SHARPTON: I think a lot of the rhetoric including mine went too far.

(END VIDEO CLIP)

KURTZ: The non-profit retro reports run by a former "60 Minutes" producer provide some useful perspective in this era of instant news.

Finally, Scott Pelley knows how to push back against the press. The CBS anchor was ticked off at the "New York Post" "gossipy" page 6 for reporting that he had failed to mention a scoop by John Miller on allegations that a number of State Department officials were soliciting prostitutes because Pelley was peeved or so it said that the story had been broken on the morning show.

Pelley said he just didn't have time on his broadcast and called the reporter and saying it's false. You wouldn't last ten seconds at CBS News. You called my publicist but not me? Now, I don't believe Scott Pelley passed on the story, which was discussed on the next night's CBS Evening News. But there is no question he was peeved when he called the paper to complain. Scott, we're talking about page six here.

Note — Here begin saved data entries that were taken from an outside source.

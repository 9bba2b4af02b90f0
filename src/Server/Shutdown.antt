-- ===== src/Server/Shutdown.antt =====
-- How a worker's loop ends after ThreadManager::Stop: the closing of the last session asks for one
-- more completion, and that one ends the loop.
use yuwibo_server.Prelude.{
  ℕ, ◌≡◌, ◌≢◌, refl, ap, ◌∙◌, Bool, true, false, not, ◌&&◌, ◌||◌, List, [], ◌∷◌, ◌++◌, Option, some,
  arith, ◌==◌, length_of_ne_nil, get_elem?, get_elem?-set_same, All, Bool-cases, inl, inr, ok, ◌⊎◌,
}
use yuwibo_server.Listener.{Context, session_close}
use yuwibo_server.Server.{
  Cqe, SessionOps, Entry, Worker, Srv, get_size, remove_session, set_worker, stop_sqe, dispatch,
  handle_completion, run_turn, run,
}

abbrev pub is_among : ℕ → List ℕ → Bool
is_among n [] = false
is_among n (m ∷ ms) = m == n || is_among n ms

-- Every session's descriptor is among these.
abbrev pub Covers : {S : Type 0} → List ℕ → List (Entry S) → Type 0
Covers {S} fds entries = All (λ (e : Entry S). is_among e.fd fds ≡ true) entries

-- The completions that say that descriptors were closed.
abbrev pub closed : List ℕ → List (Option (ℕ × ℕ × Cqe))
closed [] = []
closed (fd ∷ fds) =
    some (0, 0, record { user_data = some (session_close fd); res = 0; flags = 0 }) ∷ closed fds

==-sym_false : (m n : ℕ) → (m == n) ≡ false → (n == m) ≡ false
==-sym_false m n h = ground arith

remove_session-Covers :
    {S : Type 0} (fd : ℕ) (fds : List ℕ) (entries : List (Entry S))
    → Covers (fd ∷ fds) entries
    → Covers fds (remove_session fd entries)
unfolding remove_session
remove_session-Covers fd fds [] h = tt
remove_session-Covers fd fds (e ∷ es) h = elim (Bool-cases (e.fd == fd)) [
  | inl same ↦ rw same (remove_session-Covers fd fds es h.1)
  | inr other ↦ rw other (
    still (fd == e.fd) (is_among e.fd fds) (==-sym_false e.fd fd other) h.0,
    remove_session-Covers fd fds es h.1,
  )
]
  where
    still : (b c : Bool) → b ≡ false → (b || c) ≡ true → c ≡ true
    still b c e h = ground arith

empty_or {ℓ} : {A : Type ℓ} (xs : List A) → (xs ≡ []) ⊎ (xs ≢ [])
empty_or [] = inl refl
empty_or (x ∷ xs) = inr (λ e. cc)

nothing_covered : {S : Type 0} (entries : List (Entry S)) → Covers [] entries → entries ≡ []
nothing_covered [] h = refl
nothing_covered (e ∷ es) h = cc

module _ {R : Type 0} (o : SessionOps R) where
  -- The worker has no session, has asked for one completion, and ends at the next one that carries
  -- a context.
  abbrev pub Finishes : ℕ → Worker o.S R → Srv o → Type 0
  Finishes i w v =
      (v.running ≡ false)
      × (get_elem? v.workers i ≡ some (record { sessions = []; shared = o.stop_nop w.shared }))
      × ((r₁ r₂ res flags : ℕ) (context : Context) (rest : List (Option (ℕ × ℕ × Cqe)))
          → run o i
              (some (r₁, r₂, record { user_data = some context; res = res; flags = flags }) ∷ rest)
              v
            ≡ ok (true, v))

  ends_now :
      (i r₁ r₂ res flags : ℕ) (context : Context) (rest : List (Option (ℕ × ℕ × Cqe)))
      (w : Worker o.S R) (v : Srv o)
      → v.running ≡ false
      → get_elem? v.workers i ≡ some w
      → w.sessions ≡ []
      → run o i
          (some (r₁, r₂, record { user_data = some context; res = res; flags = flags }) ∷ rest)
          v
        ≡ ok (true, v)
  unfolding run run_turn
  ends_now i r₁ r₂ res flags context rest w v stopped here none_left =
      rw (here, stopped, none_left) refl

  -- One turn at a closed descriptor, while there are sessions.
  closing_turn :
      (i fd : ℕ) (rest : List (Option (ℕ × ℕ × Cqe))) (w : Worker o.S R) (v : Srv o)
      → v.running ≡ false
      → get_elem? v.workers i ≡ some w
      → w.sessions ≢ []
      → run o i
          (some (0, 0, record { user_data = some (session_close fd); res = 0; flags = 0 }) ∷ rest)
          v
        ≡ run o i rest (
            set_worker i
              (stop_sqe o false (record w { sessions = remove_session fd w.sessions }))
              v)
  unfolding run run_turn handle_completion dispatch
  closing_turn i fd rest w v stopped here some_left =
      rw (here, busy (not v.running) (get_size w == 0) (length_of_ne_nil w.sessions some_left))
        (ap
          (λ r.
            run o i rest (
              set_worker i (stop_sqe o r (record w { sessions = remove_session fd w.sessions })) v))
          stopped)
    where
      busy : (a b : Bool) → b ≡ false → (a && b) ≡ false
      busy a b e = ground arith

  asks_last :
      (fd : ℕ) (w : Worker o.S R)
      → remove_session fd w.sessions ≡ []
      → stop_sqe o false (record w { sessions = remove_session fd w.sessions })
        ≡ record { sessions = []; shared = o.stop_nop w.shared }
  unfolding stop_sqe
  asks_last fd w last = rw last refl

  asks_nothing :
      (fd : ℕ) (w : Worker o.S R)
      → remove_session fd w.sessions ≢ []
      → stop_sqe o false (record w { sessions = remove_session fd w.sessions })
        ≡ record w { sessions = remove_session fd w.sessions }
  unfolding stop_sqe
  asks_nothing fd w more = rw (length_of_ne_nil (remove_session fd w.sessions) more) refl

  run_nothing : (i : ℕ) (v : Srv o) → run o i [] v ≡ ok (false, v)
  unfolding run
  run_nothing i v = refl

  -- In a stopped server, the completions that say that the descriptors of a worker's sessions were
  -- closed, in any order, lead within them to a state in which the worker has no session and has
  -- made the request of StopSQE once; and the next completion that carries a context ends its
  -- loop.
  pub shutdown_lem :
      (i : ℕ) (fds : List ℕ) (w : Worker o.S R) (v : Srv o)
      → v.running ≡ false
      → get_elem? v.workers i ≡ some w
      → w.sessions ≢ []
      → Covers fds w.sessions
      → (used : List ℕ) × (unused : List ℕ) × (v' : Srv o) × (fds ≡ used ++ unused)
        × (run o i (closed used) v ≡ ok (false, v'))
        × Finishes i w v'
  shutdown_lem i [] w v stopped here some_left covers =
      absurd (some_left (nothing_covered w.sessions covers))
  shutdown_lem i (fd ∷ fds) w v stopped here some_left covers =
      let turn = closing_turn i fd in
      elim (empty_or (remove_session fd w.sessions)) [
        | inl last ↦
            let done : Worker o.S R = record { sessions = []; shared = o.stop_nop w.shared } in
            (
              fd ∷ [],
              fds,
              set_worker i done v,
              refl,
              turn [] w v stopped here some_left
                  ∙ run_nothing i _
                  ∙ ap (λ x. ok (false, set_worker i x v)) (asks_last fd w last),
              (
                stopped,
                get_elem?-set_same v.workers i w done here,
                λ r₁ r₂ res flags context rest.
                    ends_now i r₁ r₂ res flags context rest done (set_worker i done v) stopped
                      (get_elem?-set_same v.workers i w done here) refl,
              ),
            )
        | inr more ↦
            let left : Worker o.S R = record w { sessions = remove_session fd w.sessions } in
            let (used, unused, v', split, runs, finishes) =
              shutdown_lem i fds left (set_worker i left v) stopped
                (get_elem?-set_same v.workers i w left here) more
                (remove_session-Covers fd fds w.sessions covers) in
            (
              fd ∷ used,
              unused,
              v',
              ap (λ xs. fd ∷ xs) split,
              turn (closed used) w v stopped here some_left
                  ∙ ap (λ x. run o i (closed used) (set_worker i x v)) (asks_nothing fd w more)
                  ∙ runs,
              finishes,
            )
      ]
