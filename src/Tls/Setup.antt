-- ===== src/Tls/Setup.antt =====
-- SslContextManager.cpp, and the construction of a connection's OpenSSL object in TLS.h and TLS.cpp.
use yuwibo_server.Prelude.{Bool, true, false, not, if◌then◌else◌}

-- The C functions of OpenSSL: whether `SSL_CTX_new` and `SSL_new` return an object, and whether the
-- results of the other two are positive.
pub record Openssl : Type 1 where
  pub State : Type 0
  pub ctx_new : State → Bool × State
  pub use_certificate_file : State → Bool × State
  pub use_private_key_file : State → Bool × State
  pub ssl_new : State → Bool × State

-- TLS: whether `ssl` holds an object, whether `rbio` and `wbio` were assigned, whether the object
-- was told to accept, and `handshaking`.
pub record TlsObject : Type 0 where
  pub has_ssl : Bool
  pub has_bios : Bool
  pub accepts : Bool
  pub handshaking : Bool

module _ (x : Openssl) where
  -- SslContextManager::Init: its result, and whether `ctx` holds a context after it.
  unfoldable pub init_context : x.State → Bool × Bool × x.State
  init_context st =
      let (made, st) = x.ctx_new st in
      if not made
      then (false, false, st)
      else (let (certified, st) = x.use_certificate_file st in
          if not certified
          then (false, true, st)
          else (let (keyed, st) = x.use_private_key_file st in
              if not keyed then (false, true, st) else (true, true, st)))

  -- TLS::TLS
  unfoldable pub new_tls : x.State → TlsObject × x.State
  new_tls st =
      let (made, st) = x.ssl_new st in
      if not made
      then (record { has_ssl = false; has_bios = false; accepts = false; handshaking = true }, st)
      else (record { has_ssl = true; has_bios = true; accepts = true; handshaking = true }, st)
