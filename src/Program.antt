-- ===== src/Program.antt =====
-- main.cpp and `ThreadManager::Launch`: how the program starts, waits and ends.
pub mod Launching
pub mod Main
use yuwibo_server.Prelude.{
  ℕ, zero, suc, ◌+◌, Bool, true, false, not, List, [], ◌∷◌, ◌++◌, Option, none, some, ◌==◌, leb,
  if◌then◌else◌, Outcome, ok, fault, ◌>>=◌, minus_one,
}
use yuwibo_server.Listener.{Prepared, nothing_prepared, start_accept, start_stop}
use yuwibo_server.Server.{SessionOps, Worker, Srv, register_buf_ring, stop}
use yuwibo_server.Tls.Setup.{Openssl, init_context}
use yuwibo_server.Database.{Driver, connect}
use yuwibo_server.Rooms.{Iteration}
use yuwibo_server.Packets.Dispatch.{init}

-- What the system answers to the start of a worker: whether `io_uring_queue_init` and
-- `io_uring_register_buf_ring` fail.
pub record Answers : Type 0 where
  pub queue_fails : Bool
  pub register_fails : Bool

-- Worker::Start: whether the thread runs; `none` is `std::terminate`.
unfoldable pub start_worker : Answers → Option Bool
start_worker a =
    if a.queue_fails
    then some false
    else elim (register_buf_ring a.register_fails) [ none ↦ none | some buffers ↦ some true ]

-- Whether each of the five calls of `io_uring_get_sqe` in StartAccept returns an entry.
pub record Entries : Type 0 where
  pub socket_entry : Bool
  pub option_entry : Bool
  pub bind_entry : Bool
  pub listen_entry : Bool
  pub accept_entry : Bool

-- The number of workers: `std::max((unsigned)1, hardware_concurrency())`.
unfoldable pub worker_count : ℕ → ℕ
worker_count zero = 1
worker_count (suc n) = suc n

module _ {R : Type 0} (o : SessionOps R) (idle : R) where
  -- ThreadManager while it launches: the server, which workers have a thread, and what the listener
  -- prepared on the first ring.
  pub record Manager : Type 0 where
    pub server : Srv o
    pub threads : List Bool
    pub prepared : Prepared

  -- `if(i==0) …`: the descriptors are registered, and the listener started, on the worker's ring, which
  -- was set up if the worker has a thread.
  unfoldable pub listen_first : ℕ → Bool → Entries → ℕ → Manager → Outcome Manager
  listen_first i thread e port m =
      if i == 0
      then (if thread
          then ok (record m {
            prepared =
                (start_accept e.socket_entry e.option_entry e.bind_entry e.listen_entry
                  e.accept_entry port m.prepared).1;
          })
          else fault)
      else ok m

  -- The first part of a turn of Launch: the worker starts, and the first one's ring gets the
  -- listener. The worker is not yet among `workers`.
  unfoldable pub begin_turn :
      ℕ → Answers → Entries → ℕ → Manager → Outcome (Option (Bool × Manager))
  begin_turn i a e port m = elim (start_worker a) [
    | none ↦ ok none
    | some thread ↦ do m' ← listen_first i thread e port m; ok (some (thread, m'))
  ]

  -- `workers.emplace_back(std::move(worker))`
  unfoldable pub end_turn : Bool → Manager → Manager
  end_turn thread m =
      let fresh : Worker o.S R = record { sessions = []; shared = idle } in
      record m {
        server = record m.server { workers = m.server.workers ++ (fresh ∷ []) };
        threads = m.threads ++ (thread ∷ []);
      }

  -- The loop of Launch from index `i` on, for as many turns as are left.
  unfoldable pub launch_loop :
      ℕ → ℕ → (ℕ → Answers) → Entries → ℕ → Manager → Outcome (Option Manager)
  launch_loop zero i answers e port m = ok (some m)
  launch_loop (suc left) i answers e port m = do
    begun ← begin_turn i (answers i) e port m
    elim begun [
      | none ↦ ok none
      | some (thread, m') ↦ launch_loop left (i + 1) answers e port (end_turn thread m')
    ]

  -- ThreadManager::Launch; `none` is `std::terminate`.
  unfoldable pub launch : ℕ → (ℕ → Answers) → Entries → ℕ → Manager → Outcome (Option Manager)
  launch hardware answers e port m =
      launch_loop (worker_count hardware) 0 answers e port
        (record m { server = record m.server { running = true } })

  -- ThreadManager before Launch.
  abbrev pub new_manager : Manager
  new_manager = record {
    server = record { workers = []; running = false; listener_running = false; next = 0 };
    threads = [];
    prepared = nothing_prepared;
  }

That's it for this edition of RELIABLE SOURCES. I'm Howard Kurtz. If you miss a program, go to iTunes on Monday. Check out our podcast, search for RELIABLE SOURCES in the iTunes store. And as Chris Cuomo mentioned, he'll be debuting with Kate Bolduan and Michaela Pereira on CNN's "NEW DAY" starting at 6:00 a.m. Eastern that's tomorrow.

Join us again next Sunday morning 11:00 a.m. Eastern. We'll be back here with another critical look at the media. "STATE OF THE UNION" with Candy Crowley begins right now.